# Will this clear a 3 1/2" wall?



## chknkatsu (Aug 3, 2008)

*STUPID QUESTION ALERT*

i need to mount a 5" box (4-11/16) box at my parents place and im going to use one of the Caddy brackets.

The last time i used one of these was maybe 4 years ago. i know on paper 2-1/8 + ~1/2" it should fit in a regular 3-1/2" stud wall. but i remember using these while roughing in and some walls had clearance issues when using a deep box...i just cant remember what size the walls had clearance issues.

I just dont want to go to my parents place this weekend to find out it wont fit especially since all the supply houses are closed on Saturdays


----------



## PlugsAndLights (Jan 19, 2016)

The usual residential way to mount a 4 11/16 box is with a 2x4 on any 
2 sides of the box. 2 screws into each 2x4. The box will mount easily in
2x4 wall. Usually mounted about 3/8" proud. Your cable can come into 
the box anywhere except the back. If it's for a stove, the center of the 
box should be no higher than 130mm AFF so that it sits in the 
area behind the stove drawer.


----------



## chknkatsu (Aug 3, 2008)

PlugsAndLights said:


> The usual residential way to mount a 4 11/16 box is with a 2x4 on any
> 2 sides of the box. 2 screws into each 2x4. The box will mount easily in
> 2x4 wall. Usually mounted about 3/8" proud. Your cable can come into
> the box anywhere except the back. If it's for a stove, the center of the
> ...


i could have sworn it was against code to screw through/out the box unless it was through the back


----------



## chknkatsu (Aug 3, 2008)

314.23(B)(1) Nails and Screws. Nails and screws, where used as a
fastening means, shall be attached by using brackets on the
outside of the enclosure, or they shall pass through the
interior within 6 mm (1⁄4 in.) of the back or ends of the
enclosure. Screws shall not be permitted to pass through the
box unless exposed threads in the box are protected using
approved means to avoid abrasion of conductor insulation.


----------



## PlugsAndLights (Jan 19, 2016)

chknkatsu said:


> i could have sworn it was against code to screw through/out the box unless it was through the back


Not sure how similar your NEC is to our CEC, but the rules here
do not disallow this and in fact, in some cases, require that boxes 
be fasten on at least 2 sides. Takes a fair bit of force to insert or
withdraw a stove or dryer plug. Not good if the box comes loose.


----------



## chknkatsu (Aug 3, 2008)

this is going to be for two switches.

im set on this method with the caddy bracket unless i have fitment issues


Sent from my iPhone using Tapatalk


----------



## A Little Short (Nov 11, 2010)

chknkatsu said:


> 314.23(B)(1) Nails and Screws. Nails and screws, where used as a
> fastening means, shall be attached by using brackets on the
> outside of the enclosure, or they shall pass through the
> interior within 6 mm (1⁄4 in.) of the back or ends of the
> ...


That rule is talking about where a screw passes from one side of the box to the other. Like if you put a screw through a hole one the left side from the outside of the box then passed that screw all the way through the box on the right side. It's saying that either you put the screw to the back of the box or the threads have to be covered so the wires don't get damaged.

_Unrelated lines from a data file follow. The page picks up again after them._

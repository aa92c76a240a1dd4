-- ===== src/Km/Interleave/Invariant.antt =====
-- The invariant of the cache and of a `read` that the receive handler interrupts, and the handler.
use thesis_b_cs_tu_berlin.Prelude.{
  ℕ, ◌+◌, ◌≤◌, ◌<◌, ◌≡◌, refl, sym, ap₂, ◌∙◌, inl, inr, Bool, false, some, List, [], ◌∷◌, ◌++◌, map,
  append-nil, arith,
}
use thesis_b_cs_tu_berlin.Params.{max_pkt}
use thesis_b_cs_tu_berlin.Memory.{Bytes}
use thesis_b_cs_tu_berlin.Km.{Km, SkBuff, Gathered}
use thesis_b_cs_tu_berlin.Km.Window.{slot_of}
use thesis_b_cs_tu_berlin.Km.Receive.{rxh_packet_in-pass}
use thesis_b_cs_tu_berlin.Km.Trace.{receives, IsHandled, payload_len}
use thesis_b_cs_tu_berlin.Km.Interleave.{
  Phase, idle, searching, copying, cleaning, System, newly_stored, interleave,
}
use thesis_b_cs_tu_berlin.Km.Interleave.Slots.{count, mem, cached, count-append}
use thesis_b_cs_tu_berlin.Km.Interleave.Pending.{Pending, Pending-keep, Pending-used}
use thesis_b_cs_tu_berlin.Km.Interleave.Reading.{Copied, Ahead}
use thesis_b_cs_tu_berlin.Km.Interleave.Receiving.{FreeClean, Kept, added, rxh_packet_in-Kept}

-- The slots that the user has got and that are not cleaned up yet.
abbrev pub out_of : Phase → List ℕ
out_of idle = []
out_of (searching rounds ci g) = []
out_of (copying g) = []
out_of (cleaning l) = l

-- What `read` relies on when it goes on.
abbrev pub ReaderInv : Phase → Km → Type 0
ReaderInv idle s = Unit {0}
ReaderInv (searching rounds ci g) s =
    (ci < max_pkt) × (rounds ≤ max_pkt) × Ahead rounds ci g.copied_index × Copied g s
ReaderInv (copying g) s = Copied g s
ReaderInv (cleaning l) s = Pending s.status l

-- Every free slot is zero, `read` holds copies of different slots that are still in use and unchanged,
-- and every stored packet is in the cache or delivered, and not both.
pub record Inv (s : System) : Type 0 where
  pub index_in : s.km.current_index < max_pkt
  pub clean : FreeClean s.km
  pub reading : ReaderInv s.reader s.km
  pub kept :
      (test : Bytes → Bool)
      → count test s.stored ≡ cached test (out_of s.reader) s.km + count test s.delivered

map-keep :
    (s s' : Km) (xs : List ℕ)
    → Kept s s'
    → Pending s.status xs
    → map (slot_of s'.buff_from_here) xs ≡ map (slot_of s.buff_from_here) xs
map-keep s s' [] k h = refl
map-keep s s' (x ∷ xs) k (hx, ux, nx, h) = ap₂ ◌∷◌ (k.same x ux) (map-keep s s' xs k h)

Pending-Kept : (s s' : Km) (xs : List ℕ) → Kept s s' → Pending s.status xs → Pending s'.status xs
Pending-Kept s s' xs k h = Pending-keep s.status s'.status xs (λ i hi m u. k.used i u) h

Copied-Kept : (s s' : Km) (g : Gathered) → Kept s s' → Copied g s → Copied g s'
Copied-Kept s s' g k v = record {
  fits = v.fits;
  pending = Pending-Kept s s' g.copied_index k v.pending;
  same = v.same ∙ sym (map-keep s s' g.copied_index k v.pending);
}

ReaderInv-Kept : (p : Phase) (s s' : Km) → Kept s s' → ReaderInv p s → ReaderInv p s'
ReaderInv-Kept idle s s' k h = h
ReaderInv-Kept (searching rounds ci g) s s' k (hc, hr, ahead, v) =
    (hc, hr, ahead, Copied-Kept s s' g k v)
ReaderInv-Kept (copying g) s s' k v = Copied-Kept s s' g k v
ReaderInv-Kept (cleaning l) s s' k h = Pending-Kept s s' l k h

-- A free slot is not one that waits for its clean-up.
pub out_used :
    (p : Phase) (s : Km) → ReaderInv p s → (i : ℕ) → s.status i ≡ 0 → mem i (out_of p) ≡ false
unfolding mem
out_used idle s h i e = refl
out_used (searching rounds ci g) s h i e = refl
out_used (copying g) s h i e = refl
out_used (cleaning l) s h i e = Pending-used s.status l i h e

pub receives-Inv :
    (pkt : SkBuff) (now : ℕ) (s : System)
    → Inv s
    → IsHandled (receives pkt now)
    → (s' : System) × (interleave (receives pkt now) s ≡ some s') × Inv s'
unfolding interleave
receives-Inv pkt now s v (inl other) = (
  record s { stored = s.stored ++ newly_stored pkt s.km },
  rw (rxh_packet_in-pass pkt now s.km other) refl,
  record {
    index_in = v.index_in;
    clean = v.clean;
    reading = v.reading;
    kept = λ test. rw (other, newly_stored, append-nil) (v.kept test);
  },
)
receives-Inv pkt now s v (inr (ours, hp, fits)) =
    let (km', e, k, counts) =
      rxh_packet_in-Kept pkt (payload_len pkt) now s.km v.index_in v.clean hp fits ours in
    (
      record s { km = km'; stored = s.stored ++ newly_stored pkt s.km },
      rw e refl,
      record {
        index_in = k.index_in;
        clean = k.clean;
        reading = ReaderInv-Kept s.reader s.km km' k v.reading;
        kept = λ test.
            rw (ours, newly_stored, count-append test s.stored (added pkt (payload_len pkt) s.km))
              (omega (
                arith,
                v.kept test,
                counts test (out_of s.reader) (out_used s.reader s.km v.reading),
              ));
      },
    )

Just putting a screw from inside a box on the side straight into a stud is permissible and done everyday. There is nothing exposed to damage the wires. Only the screw head and it doesn't stick out enough to hurt the wires. The rule is all about the sharp threads on a screw.


----------



## Missouri Bound (Aug 30, 2009)

A Little Short said:


> That rule is talking about where a screw passes from one side of the box to the other. Like if you put a screw through a hole one the left side from the outside of the box then passed that screw all the way through the box on the right side.

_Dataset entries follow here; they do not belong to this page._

-- ===== src/Km/Interleave/Steps.antt =====
-- The steps of `read` keep the invariant.
use thesis_b_cs_tu_berlin.Prelude.{
  ℕ, zero, suc, ◌+◌, ◌%◌, ◌<◌, length, ltb, leb, ltb→lt, Bool-cases, ◌≡◌, refl, ap, subst, ◌∙◌, inl,
  inr, Bool, true, false, List, [], ◌∷◌, ◌++◌, arith,
}
use thesis_b_cs_tu_berlin.Params.{max_pkt, pkts_per_buffer, buffer_size}
use thesis_b_cs_tu_berlin.Memory.{Bytes, mem_zero}
use thesis_b_cs_tu_berlin.Km.{Km, Gathered, gather_one, clean_up}
use thesis_b_cs_tu_berlin.Km.CleanUp.{cleaned}
use thesis_b_cs_tu_berlin.Km.Interleave.{
  Phase, idle, searching, copying, cleaning, System, slots, read_step,
}
use thesis_b_cs_tu_berlin.Km.Interleave.Slots.{count, mem, cached, count-append}
use thesis_b_cs_tu_berlin.Km.Interleave.Pending.{Pending, cached-out}
use thesis_b_cs_tu_berlin.Km.Interleave.Reading.{
  Copied, gather_one-Copied, gather_one-Ahead, cleaned-Pending, cached-cleaned, cleaned-clean,
}
use thesis_b_cs_tu_berlin.Km.Interleave.Invariant.{out_of, ReaderInv, Inv}

kept_at :
    (p : Phase) (out : List ℕ) (s : System)
    → s.reader ≡ p
    → out_of p ≡ out
    → Inv s
    → (test : Bytes → Bool) → count test s.stored ≡ cached test out s.km + count test s.delivered
kept_at p out s e same v test =
    subst (λ out. count test s.stored ≡ cached test out s.km + count test s.delivered)
      (ap out_of e ∙ same) (v.kept test)

to_copying :
    (p : Phase) (g : Gathered) (s : System)
    → s.reader ≡ p
    → out_of p ≡ []
    → Inv s
    → Copied g s.km
    → Inv (record s { km = record s.km { buff_temp = g.temp }; reader = copying g })
to_copying p g s e nothing v c = record {
  index_in = v.index_in;
  clean = v.clean;
  reading = record { fits = c.fits; pending = c.pending; same = c.same };
  kept = λ test. kept_at p [] s e nothing v test;
}

-- A step that moves the reader alone.
to_phase :
    (p p' : Phase) (s : System)
    → s.reader ≡ p
    → out_of p ≡ out_of p'
    → Inv s
    → ReaderInv p' s.km
    → Inv (record s { reader = p' })
to_phase p p' s e same v h = record {
  index_in = v.index_in;
  clean = v.clean;
  reading = h;
  kept = λ test. kept_at p (out_of p') s e same v test;
}

-- `copy_to_user` moves the copied slots' packets from the cache to the user.
delivered-Inv :
    (g : Gathered) (s : System)
    → s.reader ≡ copying g
    → Inv s
    → Copied g s.km
    → Inv (record s {
      reader = cleaning g.copied_index;
      delivered = s.delivered ++ slots g.temp (length g.copied_index);
    })
delivered-Inv g s e v c = record {
  index_in = v.index_in;
  clean = v.clean;
  reading = c.pending;
  kept = λ test.
      rw (count-append test s.delivered (slots g.temp (length g.copied_index)), c.same)
        (omega (
          arith,
          kept_at (copying g) [] s e refl v test,
          cached-out test g.copied_index s.km c.pending,
        ));
}

cleaned-Inv :
    (i : ℕ) (rest : List ℕ) (s : System)
    → s.reader ≡ cleaning (i ∷ rest)
    → Inv s
    → Pending s.km.status (i ∷ rest)
    → Inv (record s { km = cleaned i s.km; reader = cleaning rest })
cleaned-Inv i rest s e v h = record {
  index_in = v.index_in;
  clean = λ k j hk hj. cleaned-clean s.km i k j hj (v.clean k j hk hj);
  reading = cleaned-Pending s.km i rest h;
  kept = λ test.
      kept_at (cleaning (i ∷ rest)) (i ∷ rest) s e refl v test
      ∙ ap (λ n. n + count test s.delivered) (cached-cleaned test s.km i rest);
}

begun :
    (s : Km) (temp : Bytes)
    → s.current_index < max_pkt
    → ReaderInv (searching max_pkt s.current_index (record { temp = temp; copied_index = [] })) s
unfolding mem slots
begun s temp h =
    (h, omega arith, (λ k hk. refl), record { fits = omega arith; pending = tt; same = refl })

search_on :
    (rounds ci : ℕ) (g : Gathered) (s : Km)
    → length g.copied_index < pkts_per_buffer
    → ReaderInv (searching (suc rounds) ci g) s
    → ReaderInv (searching rounds ((ci + 1) % max_pkt) (gather_one s ci g)) s
search_on rounds ci g s room (hc, hr, ahead, c) = (
  omega arith,
  omega arith,
  gather_one-Ahead s rounds ci g hc (omega arith) ahead,
  gather_one-Copied s ci g c room hc
      (subst (λ m. mem m g.copied_index ≡ false) (omega arith) (ahead 0 (omega arith))),
)

pub read_step-Inv :
    (p : Phase) (off : ℕ) (fails : Bool) (s : System)
    → s.reader ≡ p
    → Inv s
    → ReaderInv p s.km
    → Inv (read_step p off fails s)
unfolding read_step clean_up
read_step-Inv idle off fails s e v h = elim (Bool-cases (leb buffer_size off)) [
  | inl past ↦ rw past v
  | inr before ↦ rw before (
      to_phase idle
        (searching max_pkt s.km.current_index
          (record { temp = mem_zero s.km.buff_temp 0 buffer_size; copied_index = [] }))
        s e refl v (begun s.km (mem_zero s.km.buff_temp 0 buffer_size) v.index_in))
]
read_step-Inv (searching zero ci g) off fails s e v (hc, hr, ahead, c) =
    to_copying (searching zero ci g) g s e refl v c
read_step-Inv (searching (suc rounds) ci g) off fails s e v h =
    elim (Bool-cases (ltb (length g.copied_index) pkts_per_buffer)) [
      | inl room ↦ rw room (
          to_phase (searching (suc rounds) ci g)
            (searching rounds ((ci + 1) % max_pkt) (gather_one s.km ci g)) s e refl v
            (search_on rounds ci g s.km (ltb→lt _ _ room) h))
      | inr enough ↦ rw enough (to_copying (searching (suc rounds) ci g) g s e refl v h.3)
    ]
read_step-Inv (copying g) off true s e v c = to_phase (copying g) idle s e refl v tt
read_step-Inv (copying g) off false s e v c = delivered-Inv g s e v c
read_step-Inv (cleaning []) off fails s e v h = to_phase (cleaning []) idle s e refl v tt
read_step-Inv (cleaning (i ∷ rest)) off fails s e v h = cleaned-Inv i rest s e v h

I'm trying to figure out one instance where that would be necessary or ever done.:blink:


----------



## A Little Short (Nov 11, 2010)

Missouri Bound said:


> I'm trying to figure out one instance where that would be necessary or ever done.:blink:


I've seen it in some old installations. Usually an old metal box with a nail all the way through. Can't say I've ever seen one with a screw. Must have been done though or they wouldn't have made a code rule for it.


----------



## Missouri Bound (Aug 30, 2009)

A Little Short said:


> I've seen it in some old installations. Usually an old metal box with a nail all the way through. Can't say I've ever seen one with a screw. Must have been done though or they wouldn't have made a code rule for it.

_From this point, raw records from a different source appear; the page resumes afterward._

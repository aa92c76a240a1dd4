-- ===== src/Km/Interleave/Safety.antt =====
-- Whole histories in which the receive handler interrupts `read`.
use thesis_b_cs_tu_berlin.Prelude.{◌+◌, ◌≡◌, refl, sym, ap, Bool, some, List, [], ◌∷◌, arith}
use thesis_b_cs_tu_berlin.Params.{max_pkt}
use thesis_b_cs_tu_berlin.Memory.{Bytes}
use thesis_b_cs_tu_berlin.Log.{Log}
use thesis_b_cs_tu_berlin.Km.Trace.{Event, receives, reads, IsHandled, AllHandled}
use thesis_b_cs_tu_berlin.Km.Interleave.{System, read_step, interleave, interleave_all, started}
use thesis_b_cs_tu_berlin.Km.Interleave.Slots.{count, cached, total-zero}
use thesis_b_cs_tu_berlin.Km.Interleave.Invariant.{out_of, Inv, receives-Inv}
use thesis_b_cs_tu_berlin.Km.Interleave.Steps.{read_step-Inv}

interleave-Inv :
    (e : Event) (s : System)
    → Inv s
    → IsHandled e
    → (s' : System) × (interleave e s ≡ some s') × Inv s'
unfolding interleave
interleave-Inv (receives pkt now) s v h = receives-Inv pkt now s v h
interleave-Inv (reads off fails) s v h =
    (read_step s.reader off fails s, refl, read_step-Inv s.reader off fails s refl v v.reading)

-- The invariant: `current_index` is a slot, every free slot is zero, what `read` has copied are
-- different slots that are still in use and unchanged, in order in its buffer and no more than it has
-- room for, and every stored packet is in the cache or delivered, and not both. Every history of
-- receive events and steps of `read` from such a state has no access out of bounds and ends in such a
-- state, if each packet is another program's or its payload is there and fits a slot.
pub interleave_all-Inv :
    (es : List Event) (s : System)
    → Inv s
    → AllHandled es
    → (s' : System) × (interleave_all es s ≡ some s') × Inv s'
unfolding interleave_all
interleave_all-Inv [] s v h = (s, refl, v)
interleave_all-Inv (e ∷ es) s v (h, hs) =
    let (s', eq, v') = interleave-Inv e s v h in
    let (s'', eqs, v'') = interleave_all-Inv es s' v' hs in (s'', rw eq eqs, v'')

pub started-Inv : (log : Log) → Inv (started log)
unfolding count
started-Inv log = record {
  index_in = omega arith;
  clean = λ i j hi hj h. refl;
  reading = tt;
  kept = λ test. sym (ap (λ n. n + 0) (total-zero max_pkt _ (λ i. refl)));
}

-- However the receive handler and the steps of one `read` after another alternate after loading, no
-- access is out of bounds, if each packet is another program's or its payload is there and fits a
-- slot. At every point each packet that found a free slot is either in the cache or delivered to the
-- user, once: by any test on packets, as many have been stored as are cached and not yet copied out,
-- plus those that have been delivered. Only a packet that finds all slots in use is not stored. The
-- handler runs from start to end between two steps of `read`.
pub interleaved_lem :
    (es : List Event) (log : Log)
    → AllHandled es
    → (s' : System) × (interleave_all es (started log) ≡ some s')
      × ((test : Bytes → Bool)
          → count test s'.stored ≡ cached test (out_of s'.reader) s'.km + count test s'.delivered)
interleaved_lem es log h =
    let (s', e, v) = interleave_all-Inv es (started log) (started-Inv log) h in (s', e, v.kept)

You're right. As soon as I read your response it made me think of some old old work I've seen. I suspect it's not done very often anymore. But I moved to southern Missouri a few years back and have seen some things that have never been done right or safe yet they still work. I've seen entrance cable pushed through a hole in a wall to a 60 amp panel supported by wires twisted around nails. Hillbilly service entrance at it's finest. And 30 amp fuses screwed into a 15 amp circuit because those damn electric heaters kept blowin' fuses. And just about every fire around here is electrical.....go figure.


----------



## 99cents (Aug 20, 2012)

chknkatsu said:


> this is going to be for two switches.
> 
> im set on this method with the caddy bracket unless i have fitment issues
> 
> ...


How do you fit two switches on a 4 11/16 box?


----------



## telsa (May 22, 2015)

99cents said:


> How do you fit two switches on a 4 11/16 box?


Double gang mud ring.

Some of the newer smart switches are volume pigs -- which may be the reason for his selection.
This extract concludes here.